Non-EU sellers using Amazon.es, Zalando, or other EU marketplace facilitators to sell to EU consumers should confirm whether the marketplace assumes IOSS/OSS responsibility as the “deemed supplier.” If so, the seller is relieved of IOSS obligations for marketplace sales — but may still have IOSS obligations for its own direct website sales.

Input VAT Recovery Limitation

OSS simplifies output VAT compliance but does not resolve input VAT recovery across member states. A Spanish-registered business using Union OSS still needs separate applications (under the EU 8th Directive refund procedure) to recover input VAT incurred in Germany, France, or other member states where it is not registered. This is a common oversight that results in unrecovered VAT costs for businesses expanding across the EU.

How BMC Can Help

We register companies for OSS and IOSS through Spain’s AEAT, prepare and file quarterly OSS and monthly IOSS returns, advise on the IOSS intermediary requirement for non-EU sellers, and manage the interaction between OSS/IOSS filings and Spanish domestic VAT obligations (Modelo 303) for businesses with both Spanish domestic and cross-border B2C sales. We also advise on the EU 8th and 13th Directive input VAT refund processes for businesses with input VAT trapped in other member states.

Frequently asked questions

What types of sales can use the OSS?
The Union OSS covers: (1) intra-EU cross-border supplies of goods by EU-established businesses (distance sales); (2) B2C supplies of services by EU businesses to consumers in EU member states where the business is not established. The Non-Union OSS covers B2C services (including digital services) supplied by non-EU businesses to EU consumers.
What is the IOSS and who uses it?
IOSS (Import One-Stop Shop) covers imports of goods from outside the EU with a value of up to €150 per consignment. Sellers who use IOSS collect VAT at checkout at the destination country's rate, declare it monthly through the IOSS portal, and pay it once.

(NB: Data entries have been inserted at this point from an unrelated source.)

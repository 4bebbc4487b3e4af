-- ===== src/Gateway/Calls.antt =====
-- crates/gateway/src/lib.rs: any calls of a `PaperAdapter`, one after the other.
use feynman_engine.Prelude.{
  ◌≡◌, refl, sym, subst, Bool, Option, none, some, String, List, [], ◌∷◌, map, lookup, remove,
  lookup-remove, arith, Option-cases, Bool-cases, inl, inr, str_eq, insert,
}
use feynman_engine.Externs.{Externs, ExactArithmetic}
use feynman_engine.Types.Market.{OrderbookSnapshot, Validity, valid, invalid, validate}
use feynman_engine.Gateway.Errors.{Result, ok, err}
use feynman_engine.Gateway.Submission.{
  OrderSubmission, PostAckActions, VenueOrderAck, VenueFill, no_actions,
}
use feynman_engine.Gateway.Paper.{
  PaperAdapter, PaperAdapterState, PaperOpenOrder, Simulator, contains, take_post_ack_actions,
  cancel_order, broadcast_all, broadcast_fill, broadcast_of, connect, disconnect, subscribe_fills,
  new_adapter, take_found,
}
use feynman_engine.Gateway.Place.{submit_order}
use feynman_engine.Gateway.Reprice.{
  collect_repriced_fills, replace_orderbook, take_book, publish, orders_in,
}
use feynman_engine.Gateway.Ledger.{IsKept, IsPartial, set_open-IsKept}
use feynman_engine.Gateway.Conserving.{IsConserving}
use feynman_engine.Gateway.Kept.{submit-IsKept, cancel-IsKept, IsKnown}
use feynman_engine.Gateway.Partial.{all-ArePartial}

module _ (E : Externs) where
  pub data Call : Type 0 where
    submits : OrderSubmission E → Call
    takes cancels : String → Call
    replaces : OrderbookSnapshot E → Call
    subscribes disconnects : Call
    connects : E.DateTime → Call

  unfoldable pub step : PaperAdapter E → Call → PaperAdapter E
  step a (submits s) = (submit_order E a s).0
  step a (takes id) = (take_post_ack_actions E a id).0
  step a (cancels id) = (cancel_order E a id).0
  step a (replaces book) = (replace_orderbook E a book).0
  step a subscribes = subscribe_fills E a
  step a disconnects = disconnect E a
  step a (connects now) = connect E a now

  unfoldable pub run : PaperAdapter E → List Call → PaperAdapter E
  run a [] = a
  run a (c ∷ cs) = run (step a c) cs

  -- A broadcast changes the subscribers only.
  pub broadcast_all-state :
      (a : PaperAdapter E) (fills : List (VenueFill E))
      → ((broadcast_all E a fills).state ≡ a.state)
        × ((broadcast_all E a fills).simulator ≡ a.simulator)
  unfolding broadcast_fill
  broadcast_all-state a [] = (refl, refl)
  broadcast_all-state a (fill ∷ fills) = broadcast_all-state (broadcast_fill E a fill) fills

  submit-simulator :
      (a : PaperAdapter E) (s : OrderSubmission E) → (submit_order E a s).0.simulator ≡ a.simulator
  unfolding submit_order
  submit-simulator a s = ground arith

  cancel-simulator :
      (a : PaperAdapter E) (id : String) → (cancel_order E a id).0.simulator ≡ a.simulator
  unfolding cancel_order
  cancel-simulator a id = ground arith

  module _ (X : ExactArithmetic E) where
    -- The adapter's maps are in order, and its simulator conserves quantities.
    abbrev pub IsInOrder : PaperAdapter E → Type 0
    IsInOrder a = IsKept E X a.state × IsConserving E X a.simulator

    broadcast-IsInOrder :
        (a : PaperAdapter E) (fills : List (VenueFill E))
        → IsInOrder a
        → IsInOrder (broadcast_all E a fills)
    broadcast-IsInOrder a fills (k, c) =
        let (state, simulator) = broadcast_all-state a fills in
        (subst (IsKept E X) (sym state) k, subst (IsConserving E X) (sym simulator) c)

    removed-IsKept :
        (id : String) (s : PaperAdapterState E)
        → IsKept E X s
        → IsKept E X (record s { post_ack_actions = remove id s.post_ack_actions })
    removed-IsKept id s k = record {
      cached = k.cached;
      waiting = λ other actions found.
          ground (arith, lookup-remove id other s.post_ack_actions, k.waiting other actions);
      partial = k.partial;
    }

    take_found-IsInOrder :
        (found : Option (PostAckActions E)) (known : Bool) (a : PaperAdapter E) (id : String)
        → IsInOrder a
        → IsInOrder (take_found E found known a id).0
    take_found-IsInOrder (some actions) known a id (k, c) =
        let state = record a.state { post_ack_actions = remove id a.state.post_ack_actions } in
        broadcast-IsInOrder (record a { state = state }) (map (broadcast_of E) actions.fills)
          (removed-IsKept id a.state k, c)
    take_found-IsInOrder none known a id i = i

    publish-IsInOrder :
        (r : Result (List (VenueFill E))) (a : PaperAdapter E)
        → IsInOrder a
        → IsInOrder (publish E r a).0
    publish-IsInOrder (ok fills) a i = broadcast-IsInOrder a fills i
    publish-IsInOrder (err e) a i = i

    take_book-IsInOrder :
        (v : Validity E) (a : PaperAdapter E) (book : OrderbookSnapshot E)
        → IsInOrder a
        → IsInOrder (take_book E v a book).0
    unfolding collect_repriced_fills
    take_book-IsInOrder (invalid e) a book i = i
    take_book-IsInOrder valid a book (k, c) =
        let ids = orders_in E book.market_id a.state.open_orders in
        let collected = collect_repriced_fills E a.simulator book a.state.open_orders in
        let books = record a.state { orderbooks = insert book.market_id book a.state.orderbooks } in
        let kept : IsKept E X books = record {
          cached = k.cached;
          waiting = k.waiting;
          partial = k.partial;
        } in
        let left = all-ArePartial E X a.simulator c book ids a.state.open_orders k.partial in
        publish-IsInOrder collected.1
          (record a { state = record books { open_orders = collected.0 } })
          (set_open-IsKept E X collected.0 books kept left, c)

    replace-IsInOrder :
        (a : PaperAdapter E) (book : OrderbookSnapshot E)
        → IsInOrder a
        → IsInOrder (replace_orderbook E a book).0
    unfolding replace_orderbook
    replace-IsInOrder a book i =
        let taken = take_book-IsInOrder (validate E book) a book i in
        elim (Bool-cases (str_eq book.venue_id a.venue_id)) [
          | inl same ↦ rw same taken
          | inr other ↦ rw other i
        ]

    step-IsInOrder : (a : PaperAdapter E) (call : Call) → IsInOrder a → IsInOrder (step a call)
    unfolding step take_post_ack_actions connect disconnect subscribe_fills
    step-IsInOrder a (submits s) (k, c) =
        ((submit-IsKept E X a k c s).0, subst (IsConserving E X) (sym (submit-simulator a s)) c)
    step-IsInOrder a (takes id) i =
        take_found-IsInOrder (lookup id a.state.post_ack_actions)
          (contains E id a.state.acknowledged_orders) a id i
    step-IsInOrder a (cancels id) (k, c) =
        (cancel-IsKept E X a k c id, subst (IsConserving E X) (sym (cancel-simulator a id)) c)
    step-IsInOrder a (replaces book) i = replace-IsInOrder a book i
    step-IsInOrder a subscribes i = i
    step-IsInOrder a disconnects i = i
    step-IsInOrder a (connects now) i = i

    new_adapter-IsInOrder :
        (venue : String) (simulator : Simulator E)
        → IsConserving E X simulator
        → IsInOrder (new_adapter E venue simulator)
    unfolding new_adapter lookup
    new_adapter-IsInOrder venue simulator c = (
      record {
        cached = λ id ack h. ground arith;
        waiting = λ id actions h. ground arith;
        partial = λ id o h. ground arith;
      },
      c,
    )

    run-IsInOrder : (a : PaperAdapter E) (calls : List Call) → IsInOrder a → IsInOrder (run a calls)
    unfolding run
    run-IsInOrder a [] i = i
    run-IsInOrder a (c ∷ cs) i = run-IsInOrder (step a c) cs (step-IsInOrder a c i)

    -- Whatever is called on a new paper adapter whose simulator conserves quantities, every open
    -- order keeps a quantity to fill: its filled quantity is not negative and less than the whole.
    pub open_orders-IsPartial :
        (venue : String) (simulator : Simulator E) (calls : List Call) (id : String)
        (o : PaperOpenOrder E)
        → IsConserving E X simulator
        → lookup id (run (new_adapter E venue simulator) calls).state.open_orders ≡ some o
        → IsPartial E X o
    open_orders-IsPartial venue simulator calls id o c found =
        (run-IsInOrder (new_adapter E venue simulator) calls
            (new_adapter-IsInOrder venue simulator c)).0.partial
          id o found

    abbrev TakesAll : PaperAdapter E → Result (VenueOrderAck E) → Type 0
    TakesAll a (ok ack) =
        (actions : PostAckActions E) × ((take_post_ack_actions E a ack.venue_order_id).1
          ≡ ok actions)
    TakesAll a (err e) = Unit

    takes_known :
        (a : PaperAdapter E) (r : Result (VenueOrderAck E)) → IsKnown E X r a.state → TakesAll a r
    unfolding take_post_ack_actions
    takes_known a (ok ack) known =
        elim (Option-cases (lookup ack.venue_order_id a.state.post_ack_actions)) [
          | inl missing ↦ (no_actions E, rw (missing, known))
          | inr (actions, found) ↦ (actions, rw found)
        ]
    takes_known a (err e) known = tt

    -- After any calls, the actions of the next submission that is acknowledged can be taken.
    pub acknowledged_takes_any :
        (venue : String) (simulator : Simulator E) (calls : List Call) (s : OrderSubmission E)
        (ack : VenueOrderAck E)
        → IsConserving E X simulator
        → let a = run (new_adapter E venue simulator) calls in
          (submit_order E a s).1 ≡ ok ack
          → (actions : PostAckActions E) × ((take_post_ack_actions E
                (submit_order E a s).0
                ack.venue_order_id).1
              ≡ ok actions)
    acknowledged_takes_any venue simulator calls s ack c h =
        let a = run (new_adapter E venue simulator) calls in
        let (k, c') =
          run-IsInOrder (new_adapter E venue simulator) calls
            (new_adapter-IsInOrder venue simulator c) in
        let out = submit_order E a s in
        takes_known out.0 (ok ack)
          (subst (λ r. IsKnown E X r out.0.state) h (submit-IsKept E X a k c' s).1)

Shipments covered by IOSS are released from customs without VAT collection at the border.
What is the EU-wide threshold for applying the OSS for distance sales?
There is a single EU-wide threshold of €10,000 per year. Below this threshold, a business can apply its home country VAT rate to cross-border B2C sales within the EU. Above €10,000, destination-country VAT rates must be applied — either through OSS registration or individual country registrations.
Can a non-EU company register directly for OSS in Spain?
A non-EU company can register for the Non-Union OSS scheme in any EU member state of its choice. If it chooses Spain as its member state of identification, it registers via the AEAT's OSS portal and files all EU B2C service VAT declarations with Spain. No Spanish fiscal representative is required for OSS (unlike direct VAT registration in Spain, which requires a fiscal representative for non-EU businesses).
Does using OSS mean I am VAT-registered in every EU country?
No. OSS is a simplification scheme — you remain registered for VAT only in your member state of identification. You are not independently registered in every country where your customers are located. This means you cannot recover input VAT in those other countries through OSS; input VAT recovery in other member states requires separate 13th Directive (non-EU) or 8th Directive (EU) refund claims.